Paulsons Toxic Plan Not Of Much Use To Foreclosure Victims
From trends being noticed since October it seems that Henry M. Paulson’s toxic plan is not going to be of much use for foreclosure victims. The observers are getting inconsistent signals.
Paulson has decided not to buy soured bank assets. This indicates that he has drawn two conclusions regarding the jumbo $700 bailout package.
Firstly it seems he has realized that the plan would not work out properly. Secondly it appears that the financial and economist pundits who were wary about the direct injection of capital into the banking system seems to have been in the right from the very beginning.
Paulson recently announced that the federal government would soon give up the plans of purchasing troubled mortgage-supported securities from the banks and other jumbo investors. It will now concentrate on how to defreeze the credit markets. Only a week after launching the bailout package Paulson has started giving indications that the focus of help had changed. The money would now go to buying preferred shares of the banks to allow for flow of capital. With the replacement of slow IV drip with an adrenaline shot sent direct to the heart, the stock market got a boost for few weeks. The recent announcement is not a surprise but a re-statement of something that has already happened. $60 billion is yet to be spent from the original outlay of $350 billion. So far the purchase of soured assets has not taken off.

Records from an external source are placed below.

-- ===== src/Correlation/Scripts.antt =====
-- CORRELATE_LUA and ROLLBACK_LUA of inference/correlation.py, over a Redis that is a parameter. The
-- weights are whole, so `tonumber` and `tostring` are left out; `redis.call` returns are reads of the view.
use Prim.Native.String.{◌++◌}
use ai_cyber_threat_detector.Common.{
  ℕ, ◌%◌, Bool, not, ◌&&◌, ◌||◌, none, some, List, [], String, ltb, leb, ◌==◌, str_eq,
  if◌then◌else◌, length, or_else,
}
use ai_cyber_threat_detector.Redis.{Redis, zmember}

abbrev pub max_seen : ℕ
max_seen = 5000

-- KEYS and ARGV of CORRELATE_LUA; `safe_threat` is passed and never read
pub record Call : Type 0 where
  pub key_name : String
  pub dedup_name : String
  pub alert_json : String
  pub window : ℕ
  pub severity_score : ℕ
  pub alert_id : String
  pub is_replay : Bool

abbrev pub seen_key : String → String
seen_key key_name = key_name ++ ":seen"

abbrev pub count_key : String → String
count_key key_name = key_name ++ ":cnt"

-- the condition under which an incident is raised
unfoldable pub is_incident : ℕ → ℕ → ℕ → Bool
is_incident total_count severity_score current_max =
    leb 2 total_count
    && (current_max == 0
        || ltb current_max severity_score
        || total_count == 2
        || (ltb 2 total_count && total_count % 5 == 0))

-- what CORRELATE_LUA returns
pub record Outcome : Type 0 where
  pub total_count : ℕ
  pub incident : ℕ
  pub alerts_snapshot : List String

abbrev pub refused : Outcome
refused = record { total_count = 0; incident = 0; alerts_snapshot = [] }

module _ (r : Redis) where
  open r use {State, view, zadd, zpop, zrem, expire, lpush, ltrim, lrem, incr, decr, set_ex, del}

  -- `if redis.call('ttl', key) < 0 then redis.call('expire', key, window) end`
  unfoldable pub arm : String → ℕ → State → State
  arm key window s = elim ((view s).ttls key) [ none ↦ expire key window s | some _ ↦ s ]

  unfoldable pub is_dup : Call → State → Bool
  is_dup c s = zmember c.alert_id ((view s).zsets (seen_key c.key_name))

  unfoldable pub cap_seen : String → State → State
  cap_seen key s = if ltb max_seen (length ((view s).zsets key)) then zpop key s else s

  -- the rest of the block under `if alert_id ~= ""`
  unfoldable pub remember : Call → State → State
  remember c s =
      let seen = seen_key c.key_name in
      let insertion_rank = length ((view s).zsets seen) in
      arm seen c.window (cap_seen seen (zadd seen insertion_rank c.alert_id s))

  unfoldable pub push_alert : Call → State → State
  push_alert c s = arm c.key_name c.window (ltrim c.key_name 100 (lpush c.key_name c.alert_json s))

  unfoldable pub bump_count : Call → State → State
  bump_count c s = arm (count_key c.key_name) c.window (incr (count_key c.key_name) s)

  abbrev pub current_max : Call → State → ℕ
  current_max c s = or_else ((view s).nums c.dedup_name) 0

  -- the time left of the key when the maximum is raised, so that the window does not grow
  unfoldable pub dedup_window : Call → State → ℕ
  dedup_window c s = elim ((view s).ttls c.dedup_name) [
    | none ↦ c.window
    | some ttl_dedup ↦ if ltb 0 ttl_dedup then ttl_dedup else c.window
  ]

  unfoldable pub note_max : Call → State → State
  note_max c s =
      if current_max c s == 0
      then set_ex c.dedup_name c.severity_score c.window s
      else if ltb (current_max c s) c.severity_score
      then set_ex c.dedup_name c.severity_score (dedup_window c s) s
      else s

  abbrev pub total_count : Call → State → ℕ
  total_count c s = or_else ((view s).nums (count_key c.key_name)) 0

  -- from the push to the end; `s` is the state after the replay defence
  unfoldable pub count_alert : Call → State → Outcome × State
  count_alert c s =
      let s' = bump_count c (push_alert c s) in
      let raised = is_incident (total_count c s') c.severity_score (current_max c s') in
      (
        record {
          total_count = total_count c s';
          incident = if raised then 1 else 0;
          alerts_snapshot = if raised then (view (note_max c s')).lists c.key_name else [];
        },
        note_max c s',
      )

  -- CORRELATE_LUA
  unfoldable pub correlate : Call → State → Outcome × State
  correlate c s =
      if str_eq c.alert_id ""
      then count_alert c s
      else if is_dup c s && not c.is_replay
      then (refused, s)
      else count_alert c (remember c s)

  unfoldable pub forget_id : Call → State → State
  forget_id c s = if str_eq c.alert_id "" then s else zrem (seen_key c.key_name) c.alert_id s

  unfoldable pub lower_count : Call → State → State
  lower_count c s =
      if ltb 1 (total_count c s)
      then decr (count_key c.key_name) s
      else if total_count c s == 1
      then del (count_key c.key_name) s
      else s

  -- `lrem` returned how many entries it removed: one, if the list had it
  unfoldable pub forget_alert : Call → State → State
  forget_alert c s =
      let s' = lrem c.key_name c.alert_json s in
      if str_eq c.alert_json ""
      then s
      else if ltb (length ((view s').lists c.key_name)) (length ((view s).lists c.key_name))
      then lower_count c s'
      else s'

  -- ROLLBACK_LUA
  unfoldable pub rollback : Call → State → State
  rollback c s = del c.dedup_name (forget_alert c (forget_id c s))
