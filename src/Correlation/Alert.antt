-- ===== src/Correlation/Alert.antt =====
-- How `add_alert` and `rollback_alert_seen` of inference/correlation.py call the two scripts: the keys, the severity,
-- and the guards before them.
use Prim.Native.Char.{Char, code}
use Prim.Native.String.{◌++◌, count}
use ai_cyber_threat_detector.Common.{
  ℕ, zero, suc, Bool, true, false, ◌&&◌, ◌||◌, Option, none, some, [], ◌∷◌, String, ltb, leb, ◌==◌,
  str_eq, if◌then◌else◌, or_else,
}
use ai_cyber_threat_detector.Common.Case.{lower}
use ai_cyber_threat_detector.Common.Text.{strip}
use ai_cyber_threat_detector.Common.Dict
use ai_cyber_threat_detector.Common.Dict.{Dict}
use ai_cyber_threat_detector.Redis.{Redis}
use ai_cyber_threat_detector.Correlation.Scripts.{Call, Outcome, correlate, rollback}

-- What the methods read of an alert, where `str` has been applied and a missing key has its default; `json` is
-- its dump, and `is_replay` the truth value.
pub record Alert : Type 0 where
  pub source_ip : String
  pub threat_class : String
  pub severity : String
  pub alert_id : String
  pub json : String
  pub is_replay : Bool

-- self.time_window_sec
abbrev pub time_window_sec : ℕ
time_window_sec = 300

-- [A-Za-z0-9_ ]
unfoldable pub is_safe_char : Char → Bool
is_safe_char c =
    (leb 65 (code c) && leb (code c) 90)
    || ((leb 97 (code c) && leb (code c) 122)
        || ((leb 48 (code c) && leb (code c) 57) || (code c == 95 || code c == 32)))

-- the safe characters, with an underscore for a space
unfoldable pub safe_chars : String → String
safe_chars String.[] = ""
safe_chars (String.◌∷◌ c s) =
    let rest = safe_chars s in
    if is_safe_char c then String.◌∷◌ (if code c == 32 then "_" else c) rest else rest

-- s[:n]
unfoldable pub cut : ℕ → String → String
cut zero s = ""
cut (suc n) String.[] = ""
cut (suc n) (String.◌∷◌ c s) = String.◌∷◌ c (cut n s)

unfoldable pub safe_threat : String → String
safe_threat threat_class =
    let safe = cut 64 (safe_chars threat_class) in if str_eq safe "" then "unknown" else safe

abbrev pub key_name : String → String
key_name src_ip = ("{" ++ src_ip) ++ "}:alerts"

abbrev pub dedup_name : String → String → String
dedup_name src_ip safe = (("{" ++ src_ip) ++ "}:dedup:") ++ safe

abbrev pub sev_weights : Dict ℕ
sev_weights = ("critical", 100) ∷ ("high", 75) ∷ ("medium", 50) ∷ ("low", 25) ∷ []

unfoldable pub sev_score : String → ℕ
sev_score severity = or_else (Dict.get sev_weights (strip (lower severity))) 25

-- `ip_text` is `str(ipaddress.ip_address(s))`, `none` its ValueError
module _ (ip_text : String → Option String) where
  -- the call of CORRELATE_LUA, if the source address is accepted
  unfoldable pub correlate_call : Alert → Option Call
  correlate_call alert = elim (ip_text (strip alert.source_ip)) [
    | none ↦ none
    | some src_ip ↦
        if ltb 45 (count src_ip)
        then none
        else some (record {
          key_name = key_name src_ip;
          dedup_name = dedup_name src_ip (safe_threat alert.threat_class);
          alert_json = alert.json;
          window = time_window_sec;
          severity_score = sev_score alert.severity;
          alert_id = alert.alert_id;
          is_replay = alert.is_replay;
        })
  ]

  -- The call of ROLLBACK_LUA: here the id is stripped, and the length of the address is not tested. The script
  -- reads neither window, severity nor replay mark.
  unfoldable pub rollback_call : Alert → Option Call
  rollback_call alert = elim (ip_text (strip alert.source_ip)) [
    | none ↦ none
    | some src_ip ↦ some (record {
      key_name = key_name src_ip;
      dedup_name = dedup_name src_ip (safe_threat alert.threat_class);
      alert_json = alert.json;
      window = time_window_sec;
      severity_score = sev_score alert.severity;
      alert_id = strip alert.alert_id;
      is_replay = alert.is_replay;
    })
  ]

  module _ (r : Redis) where
    -- `add_alert` up to the report: `is_master` is what `check_redis_master` answers
    unfoldable pub add_alert :
        (is_master : Bool) → Alert → Redis.State r → Option Outcome × Redis.State r
    add_alert false alert s = (none, s)
    add_alert true alert s = elim (correlate_call alert) [
      | none ↦ (none, s)
      | some c ↦ let (outcome, s') = correlate r c s in (some outcome, s')
    ]

    unfoldable pub rollback_alert_seen : Alert → Redis.State r → Redis.State r
    rollback_alert_seen alert s = elim (rollback_call alert) [ none ↦ s | some c ↦ rollback r c s ]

This change of course has put USA at par with the measures being taken by Britain and the rest of Europe. Direct re-capitalization of the banks has become the rule here and the response to financial problems.
Concerns are being raised about the inconsistencies of Paulson. The original plan was labeled TARP – Troubled Asset Relief Program. In the maze of all this shifting the humble foreclosure victim is getting lost and forgotten. Campbell R. Harvey of Duke University said, “This was a major piece of legislation. TARP was what people were voting on, and now he announces that TARP is not going to be TARP.” Paulson and also the Congress are now failing to define the goal of TARP. It was targeting the troubled banks in the beginning but now the talk is about both banks and non-banks. The foreclosure issue seems to be lost in a maze of policies.